Copy every line of the listing that holds the string "from".
Segment Start: Dataset records
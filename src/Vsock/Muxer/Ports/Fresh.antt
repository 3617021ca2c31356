-- ===== src/Vsock/Muxer/Ports/Fresh.antt =====
-- `VsockMuxer::allocate_local_port`, src/devices/src/virtio/vsock/unix/muxer.rs: the loop ends.
use mathlib.Core.Path.{subst}
use firecracker.Base.{
  ℕ, zero, suc, ◌+◌, ◌/◌, ◌%◌, ◌-◌, ◌^◌, ◌≤◌, ◌<◌, ◌≡◌, ◌≢◌, refl, sym, ap, ◌∙◌, inl, inr, bit_and,
  bit_or, true, false, Option, none, some, List, [], ◌∷◌, length, ◌==◌, u32, if◌then◌else◌,
  if-split, Bool-cases, lt-or-le, arith,
}
use firecracker.Base.Bits.{and_digit, or_digit}
use firecracker.Vsock.Muxer.{VsockMuxer, has_port, drop_port}
use firecracker.Vsock.Muxer.Ports.{port_after, find_port, allocated, allocate_local_port}

-- A mask of the low bits, and one bit above them, clear or set.
and_below : (k r : ℕ) → r < 2 ^ k → bit_and r (2 ^ k - 1) ≡ r
and_below zero r lt = ap (λ (t : ℕ). bit_and t 0) {x = r} {y = 0} (omega arith) ∙ omega arith
and_below (suc k) r lt = omega (
  arith,
  and_digit r (2 ^ suc k - 1),
  and_below k (r / 2) (omega arith),
  ap (λ (t : ℕ). bit_and (r / 2) t) {x = (2 ^ suc k - 1) / 2} {y = 2 ^ k - 1} (omega arith),
)

and_above : (k r : ℕ) → r < 2 ^ k → bit_and (2 ^ k + r) (2 ^ k - 1) ≡ r
and_above zero r lt = ap (λ (t : ℕ). bit_and t 0) {x = 1 + r} {y = 1} (omega arith) ∙ omega arith
and_above (suc k) r lt = omega (
  arith,
  and_digit (2 ^ suc k + r) (2 ^ suc k - 1),
  and_above k (r / 2) (omega arith),
  ap (λ (t : ℕ). bit_and t (2 ^ k - 1)) {x = (2 ^ suc k + r) / 2} {y = 2 ^ k + r / 2} (omega arith),
  ap (λ (t : ℕ). bit_and ((2 ^ suc k + r) / 2) t) {x = (2 ^ suc k - 1) / 2} {y = 2 ^ k - 1}
      (omega arith),
)

or_below : (k r : ℕ) → r < 2 ^ k → bit_or r (2 ^ k) ≡ 2 ^ k + r
or_below zero r lt = ap (λ (t : ℕ). bit_or t 1) {x = r} {y = 0} (omega arith) ∙ omega arith
or_below (suc k) r lt = omega (
  arith,
  or_digit r (2 ^ suc k),
  or_below k (r / 2) (omega arith),
  ap (λ (t : ℕ). bit_or (r / 2) t) {x = 2 ^ suc k / 2} {y = 2 ^ k} (omega arith),
)

or_above : (k r : ℕ) → r < 2 ^ k → bit_or (2 ^ k + r) (2 ^ k) ≡ 2 ^ k + r
or_above zero r lt = ap (λ (t : ℕ). bit_or t 1) {x = 1 + r} {y = 1} (omega arith) ∙ omega arith
or_above (suc k) r lt = omega (
  arith,
  or_digit (2 ^ suc k + r) (2 ^ suc k),
  or_above k (r / 2) (omega arith),
  ap (λ (t : ℕ). bit_or t (2 ^ k)) {x = (2 ^ suc k + r) / 2} {y = 2 ^ k + r / 2} (omega arith),
  ap (λ (t : ℕ). bit_or ((2 ^ suc k + r) / 2) t) {x = 2 ^ suc k / 2} {y = 2 ^ k} (omega arith),
)

masked : (x : ℕ) → x < 2 ^ 32 → bit_and x (2 ^ 32 - 1 - 2 ^ 31) ≡ x % 2 ^ 31
masked x lt = elim (lt-or-le x (2 ^ 31)) [
  | inl below ↦ omega (arith, and_below 31 x below)
  | inr above ↦ omega (
    arith,
    and_above 31 (x - 2 ^ 31) (omega arith),
    ap (λ (t : ℕ). bit_and t (2 ^ 31 - 1)) {x = 2 ^ 31 + (x - 2 ^ 31)} {y = x} (omega arith),
  )
]

topped : (x : ℕ) → x < 2 ^ 31 → bit_or x (2 ^ 30) ≡ 2 ^ 30 + x % 2 ^ 30
topped x lt = elim (lt-or-le x (2 ^ 30)) [
  | inl below ↦ omega (arith, or_below 30 x below)
  | inr above ↦ omega (
    arith,
    or_above 30 (x - 2 ^ 30) (omega arith),
    ap (λ (t : ℕ). bit_or t (2 ^ 30)) {x = 2 ^ 30 + (x - 2 ^ 30)} {y = x} (omega arith),
  )
]

-- The port `i` rounds on.
abbrev nth_port : ℕ → ℕ → ℕ
nth_port last i = 2 ^ 30 + (last + i) % 2 ^ 30

port_after-nth : (last : ℕ) → port_after last ≡ nth_port last 1
unfolding port_after
port_after-nth last =
    ap (λ (t : ℕ). bit_or t (2 ^ 30)) (masked (u32 (last + 1)) (omega arith))
    ∙ topped (u32 (last + 1) % 2 ^ 31) (omega arith)
    ∙ omega arith

nth_port-next : (last i : ℕ) → nth_port (port_after last) i ≡ nth_port last (suc i)
nth_port-next last i = omega (arith, port_after-nth last)

-- The loop looks at the ports of its rounds only.
find_port-agree :
    (fuel last : ℕ) (used used' : List ℕ)
    → ((i : ℕ)
        → 0 < i
        → i ≤ fuel
        → has_port (nth_port last i) used ≡ has_port (nth_port last i) used')
    → find_port fuel last used ≡ find_port fuel last used'
unfolding find_port
find_port-agree zero last used used' same = refl
find_port-agree (suc fuel) last used used' same =
    let port = port_after last in
    let here : has_port port used ≡ has_port port used' =
      ap (λ p. has_port p used) (port_after-nth last)
      ∙ same 1 (omega arith) (omega arith)
      ∙ ap (λ p. has_port p used') (sym (port_after-nth last)) in
    let later = find_port-agree fuel port used used' (λ i pos le.
      ap (λ p. has_port p used) (nth_port-next last i)
      ∙ same (suc i) (omega arith) (omega arith)
      ∙ ap (λ p. has_port p used') (sym (nth_port-next last i))) in
    rw (here, later) refl

has_port-drop : (p q : ℕ) (used : List ℕ) → p ≢ q → has_port q used ≡ has_port q (drop_port p used)
unfolding has_port drop_port
has_port-drop p q [] ne = refl
has_port-drop p q (x ∷ xs) ne =
    if-split (λ (ys : List ℕ). has_port q (x ∷ xs) ≡ has_port q ys) (x == p)
      (λ t.
        if-split (λ b. b ≡ has_port q (drop_port p xs)) (x == q)
          (λ u. absurd (ne (ground (arith, t, u)))) (λ _. has_port-drop p q xs ne))
      (λ t. ap (λ b. if x == q then true else b) (has_port-drop p q xs ne))

length-drop_le : (p : ℕ) (used : List ℕ) → length (drop_port p used) ≤ length used
unfolding drop_port
length-drop_le p [] = omega arith
length-drop_le p (x ∷ xs) =
    if-split (λ (ys : List ℕ). length ys ≤ length (x ∷ xs)) (x == p)
      (λ _. omega (arith, length-drop_le p xs)) (λ _. omega (arith, length-drop_le p xs))

length-drop_lt :
    (p : ℕ) (used : List ℕ) → has_port p used ≡ true → length (drop_port p used) < length used
unfolding drop_port has_port
length-drop_lt p [] h = ground (arith, h)
length-drop_lt p (x ∷ xs) h = elim (Bool-cases (x == p)) [
  | inl t ↦ rw t (omega (arith, length-drop_le p xs))
  | inr t ↦ rw t (omega (arith, length-drop_lt p xs (rw t at h)))
]

-- What is found is a port of the range that is not used.
abbrev IsFree : List ℕ → ℕ → Type 0
IsFree used port = (2 ^ 30 ≤ port) × ((port < 2 ^ 31) × (has_port port used ≡ false))

abbrev Finds : (ℕ → Type 0) → Type 0 → Option ℕ → Type 0
Finds P Q none = Q
Finds P Q (some port) = P port

find_port-IsFree :
    (fuel last : ℕ) (used : List ℕ) → Finds (IsFree used) Unit (find_port fuel last used)
unfolding find_port
find_port-IsFree zero last used = tt
find_port-IsFree (suc fuel) last used =
    if-split (Finds (IsFree used) Unit) (has_port (port_after last) used)
      (λ _. find_port-IsFree fuel (port_after last) used)
      (λ t. (omega (arith, port_after-nth last), (omega (arith, port_after-nth last), t)))

find_port-ends :
    (fuel last : ℕ) (used : List ℕ)
    → length used < fuel
    → fuel ≤ 2 ^ 30
    → Finds (λ _. Unit) ⊥ (find_port fuel last used)
unfolding find_port
find_port-ends zero last used lt le = absurd (omega (arith, lt))
find_port-ends (suc fuel) last used lt le =
    let port = port_after last in
    if-split (Finds (λ _. Unit) ⊥) (has_port port used)
      (λ t.
        let fewer = drop_port port used in
        let same : find_port fuel port used ≡ find_port fuel port fewer =
          find_port-agree fuel port used fewer (λ i pos bound.
            has_port-drop port (nth_port port i) used
              (λ e. absurd (omega (arith, e, port_after-nth last)))) in
        subst (Finds (λ _. Unit) ⊥) (sym same) (
          find_port-ends fuel port fewer (omega (arith, length-drop_lt port used t)) (omega arith)))
      (λ _. tt)

module _ {S W : Type 0} where
  -- A port that was not used, from 2 ^ 30 up to 2 ^ 31, which is used from now on.
  abbrev pub IsAllocated : VsockMuxer S W → Option (ℕ × VsockMuxer S W) → Type 0
  IsAllocated mx none = ⊥
  IsAllocated mx (some (port, mx')) =
      IsFree mx.local_port_set port
      × (mx' ≡ record mx { local_port_last = port; local_port_set = port ∷ mx.local_port_set })

  -- Where fewer than 2 ^ 30 ports are used the loop of `allocate_local_port` ends, after one round
  -- for each of them and one more at most, with a port from 2 ^ 30 up to 2 ^ 31 that was not used;
  -- the muxer then counts it as used, and has it as the last one.
  pub allocate_local_port-IsAllocated :
      (mx : VsockMuxer S W)
      → length mx.local_port_set < 2 ^ 30
      → IsAllocated mx (allocate_local_port mx)
  unfolding allocate_local_port allocated
  allocate_local_port-IsAllocated mx few =
      let used = mx.local_port_set in
      let fuel = suc (length used) in
      go (find_port fuel mx.local_port_last used) (find_port-IsFree fuel mx.local_port_last used)
        (find_port-ends fuel mx.local_port_last used (omega arith) (omega (arith, few)))
    where
      go :
          (o : Option ℕ)
          → Finds (IsFree mx.local_port_set) Unit o
          → Finds (λ _. Unit) ⊥ o
          → IsAllocated mx (allocated mx o)
      go none f g = absurd g
      go (some port) f g = (f, refl)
Segment End: Dataset records
▸ **Result for this task**:
  -- A port that was not used, from 2 ^ 30 up to 2 ^ 31, which is used from now on.
  -- for each of them and one more at most, with a port from 2 ^ 30 up to 2 ^ 31 that was not used;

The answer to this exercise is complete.